**TASK INPUTS:**
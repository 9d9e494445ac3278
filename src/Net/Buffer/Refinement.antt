-- ===== src/Net/Buffer/Refinement.antt =====
-- Every operation of a buffer against the same operation of a queue of bytes.
use lite_im.Prelude.{
  ℕ, ◌+◌, ◌≤◌, ◌≡◌, refl, ap, ap₂, sym, inl, inr, ◌∙◌, List, [], ◌∷◌, ◌++◌, arith, length, true,
  length-drop, take, drop, drop_all, drop-drop, drop-take, ltb, ◌==◌, if◌then◌else◌, Bool-cases,
}
use lite_im.Status.{Status, success, error, is_ok, invalid_argument}
use lite_im.Protocol.Bytes.{Bytes, Span, null, bytes}
use lite_im.Net.Buffer.{Buffer, new_buffer, readable_bytes, peek, append, retrieve, retrieve_all}
use lite_im.Net.Buffer.Queue.{IsValid, length-peek, append-Holds}

pub data BufferOp : Type 0 where
  appends : Span → BufferOp
  retrieves : ℕ → BufferOp
  retrieves_all : BufferOp

abbrev pub step : Buffer → BufferOp → Buffer × Status
step b (appends input) = append b input
step b (retrieves n) = retrieve b n
step b retrieves_all = (retrieve_all b, success)

-- The specification.
unfoldable pub queue_step : Bytes → BufferOp → Bytes × Status
queue_step q (appends (null n)) =
    if n == 0 then (q, success) else (q, error invalid_argument "buffer append input is null")
queue_step q (appends (bytes xs)) = (q ++ xs, success)
queue_step q (retrieves n) =
    if ltb (length q) n
    then (q, error invalid_argument "buffer retrieve exceeds readable bytes")
    else (drop n q, success)
queue_step q retrieves_all = ([], success)

record Refines (b : Buffer × Status) (q : Bytes × Status) : Type 0 where
  pub valid : IsValid b.0
  pub content : peek b.0 ≡ q.0
  pub status : b.1 ≡ q.1

drop-peek :
    (b : Buffer) (n : ℕ)
    → n ≤ readable_bytes b
    → peek (record b { read_index = b.read_index + n }) ≡ drop n (peek b)
drop-peek b n h =
    sym (drop-take (b.read_index + n) b.write_index b.storage)
    ∙ sym (drop-drop n b.read_index (take b.write_index b.storage))
    ∙ ap (drop n) (drop-take b.read_index b.write_index b.storage)

retrieve-Refines :
    (b : Buffer) (n : ℕ) → IsValid b → Refines (retrieve b n) (queue_step (peek b) (retrieves n))
unfolding retrieve queue_step retrieve_all
retrieve-Refines b n v = elim (Bool-cases (ltb (readable_bytes b) n)) [
  | inl short ↦ rw (length-peek b v, short) (record { valid = v; content = refl; status = refl })
  | inr enough ↦ elim (Bool-cases (n == readable_bytes b)) [
    | inl all ↦
        rw (length-peek b v, enough, all)
          (record {
            valid = record { ordered = omega arith; inside = omega arith };
            content = sym (drop_all n (peek b) (ground (arith, length-peek b v)));
            status = refl;
          })
    | inr some ↦
        let n_le : n ≤ readable_bytes b = ground arith in
        rw (length-peek b v, enough, some)
          (record {
            valid = record { ordered = omega (arith, n_le, v.ordered); inside = v.inside };
            content = drop-peek b n n_le;
            status = refl;
          })
  ]
]

-- A `retrieve` that succeeds takes the bytes in front.
pub retrieve_ok :
    (b : Buffer) (n : ℕ)
    → IsValid b
    → is_ok (retrieve b n).1 ≡ true
    → IsValid (retrieve b n).0
      × (peek (retrieve b n).0 ≡ drop n (peek b))
      × (readable_bytes (retrieve b n).0 + n ≡ readable_bytes b)
unfolding queue_step
retrieve_ok b n v e =
    let r = retrieve-Refines b n v in
    let done : is_ok (queue_step (peek b) (retrieves n)).1 ≡ true = ap is_ok (sym r.status) ∙ e in
    let size = length-peek b v in
    let size' = length-peek (retrieve b n).0 r.valid in
    let content : peek (retrieve b n).0 ≡ drop n (peek b) = ground (arith, r.content, done) in
    let fits : n ≤ length (peek b) = ground (arith, done) in
    (
      r.valid,
      content,
      omega (
        arith,
        fits,
        size,
        size',
        ap (λ (xs : Bytes). length xs) content,
        length-drop n (peek b),
      ),
    )

append_null-Refines :
    (b : Buffer) (n : ℕ)
    → IsValid b
    → Refines (append b (null n)) (queue_step (peek b) (appends (null n)))
unfolding append queue_step
append_null-Refines b n v = elim (Bool-cases (n == 0)) [
  | inl e ↦ rw e (record { valid = v; content = refl; status = refl })
  | inr e ↦ rw e (record { valid = v; content = refl; status = refl })
]

step-Refines :
    (b : Buffer) (op : BufferOp) → IsValid b → Refines (step b op) (queue_step (peek b) op)
unfolding queue_step
step-Refines b (appends (null n)) v = append_null-Refines b n v
step-Refines b (appends (bytes xs)) v =
    let (h, s) = append-Holds b xs v in
    record { valid = h.valid; content = h.content_lem; status = s }
step-Refines b (retrieves n) v = retrieve-Refines b n v
step-Refines b retrieves_all v =
    unfold retrieve_all in
    (record {
      valid = record { ordered = omega arith; inside = omega arith };
      content = refl;
      status = refl;
    })

-- A history of operations: the buffer after it, and the status of each.
unfoldable pub run : Buffer → List BufferOp → Buffer × List Status
run b [] = (b, [])
run b (op ∷ ops) = let (b', s) = step b op in let (b'', ss) = run b' ops in (b'', s ∷ ss)

unfoldable pub queue_run : Bytes → List BufferOp → Bytes × List Status
queue_run q [] = (q, [])
queue_run q (op ∷ ops) =
    let (q', s) = queue_step q op in let (q'', ss) = queue_run q' ops in (q'', s ∷ ss)

run-Refines_from :
    (b : Buffer) (ops : List BufferOp)
    → IsValid b
    → IsValid (run b ops).0
      × (peek (run b ops).0 ≡ (queue_run (peek b) ops).0)
      × ((run b ops).1 ≡ (queue_run (peek b) ops).1)
unfolding run queue_run
run-Refines_from b [] v = (v, refl, refl)
run-Refines_from b (op ∷ ops) v =
    let r = step-Refines b op v in
    let (valid, content, statuses) = run-Refines_from (step b op).0 ops r.valid in
    (
      valid,
      content ∙ ap (λ (q : Bytes). (queue_run q ops).0) r.content,
      ap₂ ◌∷◌ r.status (statuses ∙ ap (λ (q : Bytes). (queue_run q ops).1) r.content),
    )

-- Whatever sequence of appends and retrieves a new buffer goes through, moves and growth of its storage
-- included, its readable bytes and the status of every call are those of a queue of bytes, and its
-- indices stay in order and within the storage.
pub run-queue_run :
    (initial_size : ℕ) (ops : List BufferOp)
    → IsValid (run (new_buffer initial_size) ops).0
      × (peek (run (new_buffer initial_size) ops).0 ≡ (queue_run [] ops).0)
      × ((run (new_buffer initial_size) ops).1 ≡ (queue_run [] ops).1)
unfolding new_buffer
run-queue_run n ops =
    run-Refines_from (new_buffer n) ops (record { ordered = omega arith; inside = omega arith })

**WHAT YOU ARE ASKED TO DO:** Sift through the material above and copy each line that holds "then".

**TASK SOLUTION:**
  length-drop, take, drop, drop_all, drop-drop, drop-take, ltb, ◌==◌, if◌then◌else◌, Bool-cases,
    if n == 0 then (q, success) else (q, error invalid_argument "buffer append input is null")
    then (q, error invalid_argument "buffer retrieve exceeds readable bytes")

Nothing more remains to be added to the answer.